A TV debate about mixed sex or gender-inclusive changing rooms has divided viewers - with some insisting they wouldn’t make use of a dressing area that permitted men to try out clothes as well as women.
The discussion on Loose Women earlier today stemmed from a news story this week which detailed how one M&S customer’s 'blood boiled' following a shopping trip involving her 15-year-old daughter.
It was originally claimed a man was seen trying on women’s underwear in the changing rooms, but it was later clarified the daughter was in a queue with a man clutching several bras.
"No one would even dream of putting a female child’s right to a safe space above a man’s to get kinky with women’s underwear," the outraged person wrote on Twitter.

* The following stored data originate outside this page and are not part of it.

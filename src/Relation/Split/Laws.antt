-- ===== src/Relation/Split/Laws.antt =====
-- verif/btrees/relation_mem.c: the loops of `splitnode` and `putEntry` in closed form.
use deep_spec_db.Base.{
  ℕ, suc, ◌+◌, ◌-◌, ◌≤◌, ◌<◌, ◌≡◌, refl, sym, ◌∙◌, false, inl, inr, some, List, [], ◌∷◌, ◌++◌,
  append-nil, append_assoc, arith, length, get_elem?, take, drop, insert_at, length-take,
  length-drop, take-append-drop, insert_at-take-drop, take-append_le, take-append_ge, take_all,
  get_elem?-lt, length-insert_at, drop-get_elem?, ltb, Bool-cases, ltb→lt, ◌>>=◌,
}
use deep_spec_db.Base.Arrays.{copy}
use deep_spec_db.Base.Arrays.Laws.{shift-write, copy_end, copy_over, write_end, length-snoc}
use deep_spec_db.Relation.{BtNode, create_new_node, fanout, middle}
use deep_spec_db.Relation.Search.{find_record_index}
use deep_spec_db.Relation.Split.{insert_entry, all_entries, keep_first, split_leaf, split_intern}

module _ {ℓ} {A : Type ℓ} where
  -- At an index no greater than the number of entries, the loop that shifts entries to the right
  -- and the store after it insert the entry there.
  pub insert_entry_lem :
      (es : List (ℕ × A)) (tgt : ℕ) (e : ℕ × A)
      → tgt ≤ length es
      → insert_entry es tgt e ≡ some (insert_at tgt e es)
  unfolding insert_entry
  insert_entry_lem es tgt e h =
      let at_tgt : length (take tgt es) ≡ tgt = length-take tgt es h in
      rw (insert_at-take-drop tgt e es) (
        simp (at_tgt, length-drop, take-append-drop) at (shift-write (take tgt es) (drop tgt es) e))

  all_entries_append :
      (a b : List (ℕ × A)) (e : ℕ × A)
      → length a + length b ≡ fanout
      → all_entries (a ++ b) (length a) e ≡ some (a ++ e ∷ b)
  unfolding all_entries
  all_entries_append a b e h =
      let rounds : fanout - length a ≡ length b = omega arith in
      let next : length a + 1 ≡ length (a ++ e ∷ []) = omega (arith, length-snoc a e) in
      rw (copy_end a [] b [], ◌>>=◌, write_end a e, ◌>>=◌, rounds, next)
        (simp (append-nil, append_assoc) at (copy_end b a [] (a ++ e ∷ [])))

  keep_first_append :
      (a b : List (ℕ × A)) (e : ℕ × A)
      → length a + length b ≡ fanout
      → keep_first (a ++ b) (length a) (a ++ e ∷ b) ≡ some (take middle (a ++ e ∷ b))
  unfolding keep_first
  keep_first_append a b e h = elim (Bool-cases (ltb (length a) middle)) [
    | inl low ↦
        let short : length a < 8 = ltb→lt _ _ low in
        let n = middle - length a in
        let m = take n (e ∷ b) in
        let size : length m ≡ n = length-take n (e ∷ b) (omega arith) in
        let same : length (take n b) ≡ length m = length-take n b (omega arith) ∙ sym size in
        let loop : copy n (length a) (length a) (a ++ e ∷ b) (a ++ b)
            ≡ some (a ++ (m ++ drop n b)) =
          simp (take-append-drop, size) at
            (copy_over m a (drop n (e ∷ b)) a (take n b) (drop n b) same) in
        rw (low, loop, ◌>>=◌)
          (rw (
            take-append_ge middle a (m ++ drop n b) (omega arith),
            take-append_ge middle a (e ∷ b) (omega arith),
            take-append_le n m (drop n b) (omega arith),
            take_all n m (omega arith),
          ))
    | inr high ↦
        let long : 8 ≤ length a = ground arith in
        rw high (rw (take-append_le middle a b long, take-append_le middle a (e ∷ b) long))
  ]

  pub find_record_index-le : (key : ℕ) (es : List (ℕ × A)) → find_record_index key es ≤ length es
  unfolding find_record_index
  find_record_index-le key [] = omega arith
  find_record_index-le key (e ∷ es) = ground (arith, find_record_index-le key es)

  -- Both arrays of `splitnode`, for a full node and any index in it.
  arrays :
      (es : List (ℕ × A)) (tgt : ℕ) (e : ℕ × A)
      → length es ≡ fanout
      → tgt ≤ length es
      → (all_entries es tgt e ≡ some (insert_at tgt e es))
        × (keep_first es tgt (insert_at tgt e es) ≡ some (take middle (insert_at tgt e es)))
  arrays es tgt e full h =
      let a = take tgt es in
      let b = drop tgt es in
      let at_tgt : length a ≡ tgt = length-take tgt es h in
      let both : length a + length b ≡ fanout = omega (arith, length-drop tgt es) in
      rw (insert_at-take-drop tgt e es) (
        simp (take-append-drop, at_tgt) at (all_entries_append a b e both),
        simp (take-append-drop, at_tgt) at (keep_first_append a b e both),
      )

  -- The entries that are copied into the new node, from index `i` on.
  copy_rest :
      (all : List (ℕ × A)) (n i : ℕ) → length all ≡ i + n → copy n i 0 all [] ≡ some (drop i all)
  copy_rest all n i h =
      let at_i : length (take i all) ≡ i = length-take i all (omega arith) in
      let rest : length (drop i all) ≡ n = omega (arith, length-drop i all) in
      simp (append-nil, take-append-drop, at_i, rest) at (copy_end (drop i all) (take i all) [] [])

-- What a split does to the sixteen entries `all`: the first eight stay, the ninth gives the key.
pub record Halves {ℓ} {A : Type ℓ} (all : List (ℕ × A)) : Type ℓ where
  pub low : List (ℕ × A)
  pub mid : ℕ × A
  pub high : List (ℕ × A)
  pub whole : all ≡ low ++ mid ∷ high
  pub length_low : length low ≡ middle
  pub length_high : length high ≡ fanout - middle
  pub at_mid : get_elem? all middle ≡ some mid
  pub taken : take middle all ≡ low
  pub dropped : drop middle all ≡ mid ∷ high
  pub dropped_mid : drop (middle + 1) all ≡ high

module _ {ℓ} {A : Type ℓ} where
  pub halves : (all : List (ℕ × A)) → length all ≡ fanout + 1 → Halves all
  halves all h =
      let v = get_elem?-lt all middle (omega arith) in
      record {
        low = take middle all;
        mid = v.0;
        high = drop (suc middle) all;
        whole = v.2;
        length_low = length-take middle all (omega arith);
        length_high = omega (arith, length-drop (suc middle) all);
        at_mid = v.1;
        taken = refl;
        dropped = drop-get_elem? all middle v.0 v.1;
        dropped_mid = refl;
      }

  -- splitnode of a full leaf copies without an access out of the arrays: of the entries with the
  -- new one in its place, the node keeps those before the middle entry, the new node has the
  -- others, and the key for the parent is the middle one's.
  pub split_leaf_lem :
      (n : BtNode Unit A) (e : ℕ × A)
      → length n.entries ≡ fanout
      → (h : Halves (insert_at (find_record_index e.0 n.entries) e n.entries))
      → split_leaf n e
        ≡ some (
          record n { last = false; entries = h.low },
          h.mid.0,
          record { first = false; last = n.last; ptr0 = n.ptr0; entries = h.mid ∷ h.high },
        )
  unfolding split_leaf create_new_node
  split_leaf_lem n e full h =
      let tgt = find_record_index e.0 n.entries in
      let all = insert_at tgt e n.entries in
      let size : length all ≡ fanout + 1 = omega (arith, length-insert_at tgt e n.entries) in
      let loops = arrays n.entries tgt e full (find_record_index-le e.0 n.entries) in
      let rest : copy 8 8 0 all [] ≡ some (drop 8 all) = copy_rest all 8 8 size in
      rw (loops.0, ◌>>=◌, loops.1, ◌>>=◌, rest, ◌>>=◌, h.at_mid, ◌>>=◌, h.taken, h.dropped)

  -- splitnode of a full intern node copies without an access out of the arrays: of the entries
  -- with the new one in its place, the node keeps those before the middle entry, the new node has
  -- its child as ptr0 and the entries after it, and the key for the parent is the middle one's.
  pub split_intern_lem :
      (n : BtNode A A) (e : ℕ × A) (tgt : ℕ)
      → length n.entries ≡ fanout
      → find_record_index e.0 n.entries ≡ tgt
      → (h : Halves (insert_at tgt e n.entries))
      → split_intern n e
        ≡ some (
          record n { last = false; entries = h.low },
          h.mid.0,
          record { first = false; last = n.last; ptr0 = h.mid.1; entries = h.high },
        )
  unfolding split_intern create_new_node
  split_intern_lem n e tgt full found h =
      let all = insert_at tgt e n.entries in
      let size : length all ≡ fanout + 1 = omega (arith, length-insert_at tgt e n.entries) in
      let loops = arrays n.entries tgt e full (rw (← found) (find_record_index-le e.0 n.entries)) in
      let rest : copy 7 9 0 all [] ≡ some (drop 9 all) = copy_rest all 7 9 size in
      rw (
        found, loops.0, ◌>>=◌, loops.1, ◌>>=◌, rest, ◌>>=◌, h.at_mid, ◌>>=◌, h.taken, h.dropped_mid,
      )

Cubicle or no cubicle. Curtain or no curtain. Open space changing or not. Men should not have access to any of these female spaces alongside women. @marksandspencer please clarify your policy on female changing rooms. pic.twitter.com/XRwH6FOz0P
— Jean Hatchet (@JeanHatchet) October 31, 2019
They later continued in a subsequent tweet: "Cubicle or no cubicle. Curtain or no curtain. Open space changing or not. Men should not have access to any of these female spaces alongside women. @marksandspencer please clarify your policy on female changing rooms."
In a statement to The Independent, M&S explained its fitting rooms have lockable cubicles designed to protect customers’ privacy.
Some women don't feel safe in close spaces undressing with men.
"As a business, we strive to be inclusive and therefore, we allow customers the choice of which fitting room they feel comfortable to use, in respect of how they identify themselves," M&S added.
"This is an approach other retailers and leisure facilities have also adopted. We understand your concerns and I want to make it clear that if any customer was to act inappropriately or cause intentional offence, the necessary action would be taken."
As a business, we strive to be inclusive and therefore, we allow customers the choice of which fitting room they feel comfortable to use, in respect of how they identify themselves. This is an approach other retailers and leisure facilities have also adopted. 2/3
— M&S (@marksandspencer) October 31, 2019
When raised on Loose Women this lunchtime, panelists Trisha Goddard and Carol McGiffin differed in their approach to the issue.
Trisha wondered whether separate male and female fitting areas are necessary.
"Why not just have [mixed] changing rooms?” she reflected.
"I know a lot of stores just have changing rooms. All Saints, Gap… there’s a whole load of them."
She continued: “I do believe there should be a women’s [separate changing room] in the lingerie department, though."
Carol replied: “It is open to exploitation, isn’t it?”
"If you did want to exploit something or make something of it, you could do what you want," she reasoned.
‘Why have a men’s and women’s dressing room? Why not just have changing rooms?’
— Loose Women (@loosewomen) November 1, 2019
Some viewers indicated on social media that they were not troubled by the notion of mixed dressing areas.
"As long as the walls and door of each cubicle go from floor to ceiling what's the problem?" tweeted one person.
Another echoed that thought, writing: "As long as there are solid door then what’s the problem. Curtains are another thing."
But many more respondents, nearly all of whom were female, insisted they were not comfortable with the idea.
"I wouldn’t want men in women’s dressing rooms, I wouldn’t use them if that was the case," one wrote on Twitter.
"Some women don't feel safe in close spaces undressing with men," said another.
A third person tweeted: "I do not wish to be in a changing room with my 5 year old daughter and see men and their dangly bits!"
Another claimed: "Gender inclusive = allowing anyone who says they're a female, into a female changing room. Women have battled for rights, now we're being pushed to the bottom of the pile for the sake of a few. It's getting bloody ridiculous."
And one other person laid out their reasoning for objecting in detail, writing: "Why not? Hidden cameras, upskirting, assault, dignity & privacy for both sexes (ask men, too), safety.
"People of faith. Survivors of abuse. Why d'you think we've had single sex for decades? Have those reasons disappeared? Nope."